Et le passage de l'Alto de Mostelares :
Photo: au loin, en arrière-plan, le tracé de cette montée de l'Alto de Mostelarès.Pour retrouver
le chemin que je venais de quitter en haut du village, j'ai décidé simplement
de suivre la grande route qui devait me conduire aussi à la sortie de cette
agglomération. Je ne m'étais pas trompé, je suis tombé sur un grand rond-point
avec plein d'embranchements, mais je m'étais bien orienté dans le paysage (par
la boussole solaire aussi !) puisque d'un coup d'œil, j'avais repéré au loin la
fameuse montée de Mostelares. C'est en fait un véritable mur de plus de 130 m
de haut à gravir ! Et la piste pour y aller part en face de mon point
d'arrivée dans ce rond-point. Pour se rapprocher de ce mur, je suis passé sur
un ancien pont romain à arches et j'ai franchi le rio Odrilla sur une
passerelle en bois. J'étais au pied de cette montée. Le soleil, bien présent,
n'était pas cuisant comme en 2 011. Deux pèlerins se reposaient à l'ombre et ne
semblaient pas pressés de partir. J'ai déposé mon sac pour refaire quelques
petits réglages et boire calmement une bonne rasade d'eau. J'ai attaqué ensuite
la montée, mais vraiment « petit braquet ». Dans le premier tiers la
pente est rude, mais j'étais à l'aise parce que très motivé, et surtout heureux
de me sentir mieux qu'en 2 011, à cet endroit, pour autant que je m'en
souvienne ; dans le deuxième tiers, la pente s'assouplit légèrement, mais la fatigue
commençait à se faire sentir, et la tendance était plutôt à bien lever la tête
pour entrevoir le sommet ou encore à se retourner pour tenter de se faire une
idée de l'ascension déjà faite en appréciant la différence d'altitude entre le
point où je me trouvais et le village en bas dans la plaine ; dans le dernier
tiers, la pente se redresse à nouveau, et c'est comme toujours dans les
ascensions en montagne : après le dernier virage attendu, il y a encore un
autre, et encore un autre, ainsi de suite. L'arrivée sur le plateau au sommet
est une délivrance, un bonheur ! Cette fois-ci, il n'y avait pas ce vent
froid de 2 011 qui avait entraîné un refus de m'arrêter alors que les autres du
groupe voulaient faire une pause, car tout en sueur je craignais de prendre
froid.
J'ai traversé
un plateau aride sur près d'un km avant d'entamer une descente raide sur une
piste plus ou moins bétonnée et je me suis retrouvé dans une belle plaine avec des champs – j'ai constaté
aussi que le chemin qui se glisse dans cette plaine est bien plus large
aujourd'hui et que le balisage est aussi bien meilleur.
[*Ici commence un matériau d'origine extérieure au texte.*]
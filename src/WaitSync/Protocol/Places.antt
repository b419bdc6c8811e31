-- ===== src/WaitSync/Protocol/Places.antt =====
-- src/wait_sync.h and src/impl/base/wait_sync.c: where a thread is between two accesses, and what that
-- says of the locks.
use libult.Base.{ℕ, Bool, true, false, Option, none, some, List, [], ◌∷◌, ◌==◌}

-- The thread that waits.
pub data Place : Type 0 where
  start : Place  -- before the first test of the count
  entering : Place  -- wants the structure's lock
  testing : Place  -- tests the count again
  listing : Place  -- wants the list's lock
  inserting : Place
  deciding : Place  -- at check_status
  falling : Place  -- will sleep
  sleeping : Place
  woken : Place  -- wants the structure's lock again
  rechecking : Place  -- tests the count behind the sleep
  driving : Place  -- in the progress loop
  trimming : Place  -- wants the list's lock
  unlinking : Place
  handing : Place  -- passes its duties on, if there are any
  releasing : Place  -- in the loop of WAIT_SYNC_RELEASE
  gone : Place

-- The thread that reports the last completion.
pub data Last : Type 0 where
  pending : Last  -- completions are missing
  locking : Last  -- the count is 0
  signalling : Last
  unlocking : Last
  clearing : Last  -- will clear `signaling`
  finished : Last

-- Who has a structure's lock.
pub data Owner : Type 0 where
  free : Owner
  own : Owner
  signaller : Owner
  passer : Owner

-- What is left of the duties' passing: nothing, the lock, the signal, the unlock.
pub data Pass : Type 0 where
  idle : Pass
  passing : ℕ → Pass
  waking : ℕ → Pass
  freeing : ℕ → Pass

-- A signal to a thread that does not sleep is lost.
abbrev pub wakes : Place → Place
wakes sleeping = woken
wakes p = p

abbrev pub is_head : ℕ → List ℕ → Bool
is_head s [] = false
is_head s (h ∷ hs) = s == h

abbrev pub first : List ℕ → Pass
first [] = idle
first (h ∷ hs) = passing h

abbrev pub owner : ℕ → Option ℕ → Bool
owner s none = false
owner s (some t) = s == t

-- The places with the structure's lock, on the list, and with the list's lock.
abbrev pub holds : Place → Bool
holds testing = true
holds listing = true
holds inserting = true
holds deciding = true
holds falling = true
holds rechecking = true
holds p = false

abbrev pub listed : Place → Bool
listed deciding = true
listed falling = true
listed sleeping = true
listed woken = true
listed rechecking = true
listed driving = true
listed trimming = true
listed unlinking = true
listed p = false

abbrev pub holds_list : Place → Bool
holds_list inserting = true
holds_list unlinking = true
holds_list handing = true
holds_list p = false

-- Places from which a thread may fall asleep without another test of the count, and asleep.
abbrev pub at_risk : Place → Bool
at_risk listing = true
at_risk inserting = true
at_risk deciding = true
at_risk falling = true
at_risk sleeping = true
at_risk p = false

abbrev pub rests : Place → Bool
rests falling = true
rests sleeping = true
rests p = false

-- Places behind a test that found the count 0.
abbrev pub is_down : Place → Bool
is_down trimming = true
is_down unlinking = true
is_down handing = true
is_down releasing = true
is_down gone = true
is_down p = false

abbrev pub is_handing : Place → Bool
is_handing handing = true
is_handing p = false

abbrev pub is_gone : Place → Bool
is_gone gone = true
is_gone p = false

abbrev pub is_pending : Last → Bool
is_pending pending = true
is_pending l = false

abbrev pub is_finished : Last → Bool
is_finished finished = true
is_finished l = false

-- The signaller has the lock; the signal is to come.
abbrev pub signals : Last → Bool
signals signalling = true
signals unlocking = true
signals l = false

abbrev pub is_due : Last → Bool
is_due locking = true
is_due signalling = true
is_due l = false

abbrev pub by_own : Owner → Bool
by_own own = true
by_own o = false

abbrev pub by_signaller : Owner → Bool
by_signaller signaller = true
by_signaller o = false

abbrev pub by_passer : Owner → Bool
by_passer passer = true
by_passer o = false

-- The duties go to `s` and the signal is to come; the passing thread has the lock of `s`.
abbrev pub passes : ℕ → Pass → Bool
passes s (passing h) = s == h
passes s (waking h) = s == h
passes s p = false

abbrev pub grabs : ℕ → Pass → Bool
grabs s (waking h) = s == h
grabs s (freeing h) = s == h
grabs s p = false

abbrev pub is_busy : Pass → Bool
is_busy idle = false
is_busy p = true

abbrev pub is_free : Option ℕ → Bool
is_free none = true
is_free (some t) = false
J'ai retrouvé une
légère remontée pour arriver à une aire de repos où j'ai descendu mon sac sur
un banc pour souffler un peu et manger mon sandwich. Petite déception : je
n'ai pas revu le vendeur de fruits qui juste à côté proposait aussi un très bon
jus d'orange nature. Je savais que dans cette étape difficile l'essentiel était
fait et qu'il ne me restait plus qu'à rallier Itero de la Vega ; mais, pour une
fois, je n'avais plus de souvenir de ce village étape.
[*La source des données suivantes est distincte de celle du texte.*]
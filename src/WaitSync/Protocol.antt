-- ===== src/WaitSync/Protocol.antt =====
-- src/wait_sync.h and src/impl/base/wait_sync.c with threads in use: any number of structures at once,
-- each with the thread that runs WAIT_SYNC_INIT, `ompi_sync_wait_mt` and WAIT_SYNC_RELEASE on it, and
-- with threads that report completions by `wait_sync_update`. A step is one access to what the
-- threads share, and a schedule gives the steps in any order. Structure and waiting thread have one
-- number. Successes add up to the count at most until a failure sets it to 0. One call makes the
-- count 0, and the thread of that call is the structure's signaller. An update that comes later, which
-- a failure before the last success makes possible, still uses the structure, but what it writes is
-- not followed: C takes the count below 0, where all tests ask for a positive one, and a second
-- failure writes its status and signals again.
mod Places
pub mod Invariant
mod Frame
mod Waiter
mod Duties
mod Signals
pub mod Safety
pub mod Sound
pub mod Progress
pub mod Failure
pub mod Measure
pub mod Outcome
pub mod Pointers
pub mod Crowd
mod Tests
unfoldable pub use Places.*
use libult.Base.{
  ℕ, Bool, true, false, not, ◌&&◌, ◌||◌, ◌-◌, Option, none, some, List, [], ◌∷◌, ◌++◌, ◌==◌, ltb,
  leb, if◌then◌else◌, update, without,
}

-- `ompi_wait_sync_t`, its lock and condition, and where its threads are. The lock's owner is a place,
-- not a thread: the waiting thread, the signaller, or the thread that passes its duties on.
pub record Sync : Type 0 where
  pub count : ℕ
  pub status : ℕ
  pub signaling : Bool
  pub destroyed : Bool  -- the lock and the condition, by WAIT_SYNC_RELEASE
  pub lock : Owner
  pub wait : Place
  pub last : Last

pub record State : Type 0 where
  pub sync : ℕ → Sync
  pub list : List ℕ  -- threads_base_wait_sync_list, from its head on
  pub list_lock : Option ℕ  -- wait_sync_lock, with its owner
  pub pass : Pass  -- what the owner does that passes the duties on
  pub fault : Bool  -- was a structure used after its destruction?

abbrev pub put : ℕ → Sync → State → State
put s x σ = record σ { sync = update σ.sync s x }

abbrev pub goes : Place → ℕ → State → State
goes p s σ = put s (record (σ.sync s) { wait = p }) σ

-- An access to a structure by another thread than its own.
abbrev pub touch : ℕ → State → State
touch s σ = record σ { fault = σ.fault || (σ.sync s).destroyed }

-- The insertion and the removal write to structures on the list.
abbrev pub any_destroyed : (ℕ → Sync) → List ℕ → Bool
any_destroyed f [] = false
any_destroyed f (s ∷ ss) = (f s).destroyed || any_destroyed f ss

abbrev pub touch_list : State → State
touch_list σ = record σ { fault = σ.fault || any_destroyed σ.sync σ.list }

-- The structure's lock is taken by its own thread, or tried again.
abbrev pub own_lock : Owner → Place → ℕ → State → State
own_lock free p s σ = put s (record (σ.sync s) { lock = own; wait = p }) σ
own_lock _ p s σ = σ

abbrev pub take_list : Option ℕ → Place → ℕ → State → State
take_list none p s σ = goes p s (record σ { list_lock = some s })
take_list (some t) p s σ = σ

-- WAIT_SYNC_PASS_OWNERSHIP, and the unlock of the list behind it.
abbrev pub pass_lock : Owner → ℕ → State → State
pass_lock free h σ =
    touch h (put h (record (σ.sync h) { lock = passer }) (record σ { pass = waking h }))
pass_lock _ h σ = σ

abbrev pub pass_move : Pass → ℕ → State → State
pass_move idle s σ = goes releasing s (record σ { list_lock = none })
pass_move (passing h) s σ = pass_lock (σ.sync h).lock h σ
pass_move (waking h) s σ =
    touch h
      (put h (record (σ.sync h) { wait = wakes (σ.sync h).wait }) (record σ { pass = freeing h }))
pass_move (freeing h) s σ =
    touch h (put h (record (σ.sync h) { lock = free }) (record σ { pass = idle }))

-- Whom the duties go to when `s` leaves the list.
abbrev pub heir : ℕ → List ℕ → Pass
heir s list = if is_head s list then first (without s list) else idle

-- WAIT_SYNC_RELEASE: a round of its loop, or the destruction.
abbrev pub release_move : (signaling : Bool) → ℕ → State → State
release_move signaling s σ =
    if signaling then σ else put s (record (σ.sync s) { destroyed = true; wait = gone }) σ

-- A step of the thread that waits for `s`, which is at the place given. `crowded` says whether
-- `num_thread_in_progress >= max_thread_in_progress` where that is read; any schedule of answers is
-- allowed here, and those that the count gives are among them.
unfoldable pub wait_move : Place → (crowded : Bool) → ℕ → State → State
wait_move start b s σ = goes (if (σ.sync s).count == 0 then releasing else entering) s σ
wait_move entering b s σ = own_lock (σ.sync s).lock testing s σ
wait_move testing b s σ =
    if (σ.sync s).count == 0
    then put s (record (σ.sync s) { lock = free; wait = releasing }) σ
    else goes listing s σ
wait_move listing b s σ = take_list σ.list_lock inserting s σ
wait_move inserting b s σ =
    goes deciding s (record (touch_list σ) { list = σ.list ++ s ∷ []; list_lock = none })
wait_move deciding b s σ =
    if not (is_head s σ.list) && b
    then goes falling s σ
    else put s (record (σ.sync s) { lock = free; wait = driving }) σ
wait_move falling b s σ = put s (record (σ.sync s) { lock = free; wait = sleeping }) σ
wait_move sleeping b s σ = σ
wait_move woken b s σ = own_lock (σ.sync s).lock rechecking s σ
wait_move rechecking b s σ =
    if (σ.sync s).count == 0
    then put s (record (σ.sync s) { lock = free; wait = trimming }) σ
    else goes deciding s σ
wait_move driving b s σ = if (σ.sync s).count == 0 then goes trimming s σ else σ
wait_move trimming b s σ = take_list σ.list_lock unlinking s σ
wait_move unlinking b s σ =
    goes handing s (record (touch_list σ) { list = without s σ.list; pass = heir s σ.list })
wait_move handing b s σ = pass_move σ.pass s σ
wait_move releasing b s σ = release_move (σ.sync s).signaling s σ
wait_move gone b s σ = σ

-- The signaller's lock.
abbrev pub signal_lock : Owner → ℕ → State → State
signal_lock free s σ = touch s (put s (record (σ.sync s) { lock = signaller; last = signalling }) σ)
signal_lock _ s σ = σ

-- A step of the signaller of `s`, which is in WAIT_SYNC_SIGNAL.
unfoldable pub signal_move : Last → ℕ → State → State
signal_move pending s σ = σ
signal_move locking s σ = signal_lock (σ.sync s).lock s σ
signal_move signalling s σ =
    touch s (put s (record (σ.sync s) { wait = wakes (σ.sync s).wait; last = unlocking }) σ)
signal_move unlocking s σ = touch s (put s (record (σ.sync s) { lock = free; last = clearing }) σ)
signal_move clearing s σ =
    touch s (put s (record (σ.sync s) { signaling = false; last = finished }) σ)
signal_move finished s σ = σ

-- `wait_sync_update` of `u` completions, up to the test of what the subtraction gives. Behind a failure
-- the count stays 0, for a negative one, so that a later success only counts as a use.
unfoldable pub report : ℕ → ℕ → State → State
report s u σ =
    if ltb 0 u && leb u (σ.sync s).count
    then touch s (
        put s
          (record (σ.sync s) {
            count = (σ.sync s).count - u;
            last = if (σ.sync s).count - u == 0 then locking else pending;
          })
          σ)
    else touch s σ

-- `wait_sync_update` with a failure, up to the signal. Once the count is 0 it only counts as a use: the
-- status that it writes and its second signal are not followed.
unfoldable pub report_failure : ℕ → ℕ → State → State
report_failure s status σ =
    if (σ.sync s).count == 0
    then touch s σ
    else touch s (put s (record (σ.sync s) { status = status; count = 0; last = locking }) σ)

pub data Move : Type 0 where
  wait : ℕ → Bool → Move
  signal : ℕ → Move
  complete : ℕ → ℕ → Move
  fail : ℕ → ℕ → Move
  spurious : ℕ → Move  -- a thread wakes up without a signal

unfoldable pub move : Move → State → State
unfolding wait_move signal_move report report_failure
move (wait s b) σ = wait_move (σ.sync s).wait b s σ
move (signal s) σ = signal_move (σ.sync s).last s σ
move (complete s u) σ = report s u σ
move (fail s status) σ = report_failure s status σ
move (spurious s) σ = goes (wakes (σ.sync s).wait) s σ

unfoldable pub moves : List Move → State → State
unfolding move
moves [] σ = σ
moves (m ∷ ms) σ = moves ms (move m σ)

-- WAIT_SYNC_INIT of every structure, with its count.
unfoldable pub all_init : (ℕ → ℕ) → State
all_init counts = record {
  sync = λ s. record {
    count = counts s;
    status = 0;
    signaling = not (0 == counts s);
    destroyed = false;
    lock = free;
    wait = start;
    last = if 0 == counts s then finished else pending;
  };
  list = [];
  list_lock = none;
  pass = idle;
  fault = false;
}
Retrouver Itero de la Vega :
Après que j'ai
quitté cette aire de repos, et à un peu plus d'un km, j’ai revu sur la gauche
de la piste le refuge construit à partir des bâtiments d'un ancien hôpital. Il
m'a semblé un peu plus attractif que la dernière fois. Et aussi cette rivière
que j'ai franchie sur un grand pont, et, bien entendu, le panneau annonçant
l'entrée dans la région de Palencia. Puis, j'ai pris un chemin gravillonné qui
serpente sous les arbres tout en restant proche de la rivière – cette approche
de l’arrivée a été modifiée en 2 018. Ce fut le déclic, bien avant que je ne
découvrisse la plaque annonçant Itero de la Vega (voir photo). Instantanément,
j'avais retrouvé l'image du gîte qui est un peu caché par un bois de hêtres. Je
me suis surtout souvenu du pollen de ces arbres, qui fait penser à de la neige
dans le décor, et qui envahissait toute la cour et se déposait un peu partout,
y compris sur les vêtements lavés étendus sur les cordes à linge. C'est ce qui
a en quelque sorte réinitialisé ma mémoire. Mais cette fois-ci, il n'y avait
pas encore le moindre « flocon. J'allais retrouver les équipements de
cette albergue que j'avais déjà eu l'occasion d'apprécier. Et surtout le bar et
le restaurant ! Et ce d’autant qu’il n’y a rien à visiter dans le coin…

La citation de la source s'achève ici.